■ DATASET ENTRIES ■
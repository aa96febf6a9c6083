-- ===== src/Shm/Segments.antt =====
-- Where `p_shm_create` puts the processes' futexes and segments
use libcando.Base.{
  ℕ, zero, suc, ◌+◌, ◌*◌, ◌^◌, ◌<◌, ◌≡◌, refl, ◌∙◌, arith, none, some, length, get_or, ◌==◌,
  if◌then◌else◌, add64,
}
use libcando.Futex.{locked, unlocked}
use libcando.Shm.{Proc, exchange, place}

abbrev pub slot : (fux_off data_off size i : ℕ) → Proc
slot fux_off data_off size i = record {
  rd_fux = fux_off + 8 * i;
  wr_fux = fux_off + 8 * i + 4;
  data_off = data_off + size * i;
  data_sz = size;
}

-- The processes' entries follow each other, as long as the segments end below 2 ^ 64.
pub place-slot :
    (n fux_off data_off size : ℕ) (words : ℕ → ℕ) (i : ℕ)
    → i < n
    → data_off + size * n < 2 ^ 64
    → get_or ((place n fux_off data_off size words).0) i none ≡ some (slot fux_off data_off size i)
unfolding place
place-slot zero fux_off data_off size words i h small = absurd (omega arith)
place-slot (suc n) fux_off data_off size words zero h small =
    let e : fux_off + 8 * 0 ≡ fux_off = omega arith in
    let d : data_off + size * 0 ≡ data_off = omega arith in rw (e, d) refl
place-slot (suc n) fux_off data_off size words (suc i) h small =
    let e : fux_off + 8 * suc i ≡ fux_off + 8 + 8 * i = omega arith in
    let d : data_off + size * suc i ≡ data_off + size + size * i = omega arith in
    let a : add64 data_off size ≡ data_off + size = omega arith in
    rw (e, d, a)
      (place-slot n (fux_off + 8) (data_off + size) size
        (exchange (exchange words fux_off locked) (fux_off + 4) unlocked) i (omega arith)
        (omega arith))

pub length-place :
    (n fux_off data_off size : ℕ) (words : ℕ → ℕ)
    → length ((place n fux_off data_off size words).0) ≡ n
unfolding place
length-place zero fux_off data_off size words = refl
length-place (suc n) fux_off data_off size words = omega (
  arith,
  length-place n (fux_off + 8) (add64 data_off size) size
      (exchange (exchange words fux_off locked) (fux_off + 4) unlocked),
)

-- The words before the place of the loop stay.
pub place-before :
    (n fux_off data_off size : ℕ) (words : ℕ → ℕ) (w : ℕ)
    → w < fux_off
    → (place n fux_off data_off size words).1 w ≡ words w
unfolding place
place-before zero fux_off data_off size words w h = refl
place-before (suc n) fux_off data_off size words w h =
    place-before n (fux_off + 8) (add64 data_off size) size
      (exchange (exchange words fux_off locked) (fux_off + 4) unlocked) w (omega arith)
    ∙ ground arith

-- Each free read futex is locked, and each write futex stays as it is.
pub place-words :
    (n fux_off data_off size : ℕ) (words : ℕ → ℕ) (i : ℕ)
    → i < n
    → ((place n fux_off data_off size words).1 (fux_off + 8 * i)
        ≡ (if words (fux_off + 8 * i) == unlocked then locked else words (fux_off + 8 * i)))
      × ((place n fux_off data_off size words).1 (fux_off + 8 * i + 4)
          ≡ words (fux_off + 8 * i + 4))
unfolding place
place-words zero fux_off data_off size words i h = absurd (omega arith)
place-words (suc n) fux_off data_off size words zero h =
    let ready = exchange (exchange words fux_off locked) (fux_off + 4) unlocked in
    let later = place-before n (fux_off + 8) (add64 data_off size) size ready in
    let e : fux_off + 8 * 0 ≡ fux_off = omega arith in
    rw e
      (later fux_off (omega arith) ∙ ground arith, later (fux_off + 4) (omega arith) ∙ ground arith)
place-words (suc n) fux_off data_off size words (suc i) h =
    let ready = exchange (exchange words fux_off locked) (fux_off + 4) unlocked in
    let later = place-words n (fux_off + 8) (add64 data_off size) size ready i (omega arith) in
    let e : fux_off + 8 * suc i ≡ fux_off + 8 + 8 * i = omega arith in
    let f : ready (fux_off + 8 + 8 * i) ≡ words (fux_off + 8 + 8 * i) = ground arith in
    let g : ready (fux_off + 8 + 8 * i + 4) ≡ words (fux_off + 8 + 8 * i + 4) = ground arith in
    rw e (rw⁻¹ f (later.0), later.1 ∙ g)

pub place-first :
    (n fux_off data_off size : ℕ) (words : ℕ → ℕ)
    → 0 < n
    → get_or ((place n fux_off data_off size words).0) 0 none
      ≡ some
          (record { rd_fux = fux_off; wr_fux = fux_off + 4; data_off = data_off; data_sz = size })
unfolding place
place-first zero fux_off data_off size words h = absurd (omega arith)
place-first (suc n) fux_off data_off size words h = refl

■ WHAT TO WORK ON ■
Search the entries for the word "absurd". Copy every line where it occurs.

■ WRITTEN ANSWER ■
place-slot zero fux_off data_off size words i h small = absurd (omega arith)
place-words zero fux_off data_off size words i h = absurd (omega arith)
place-first zero fux_off data_off size words h = absurd (omega arith)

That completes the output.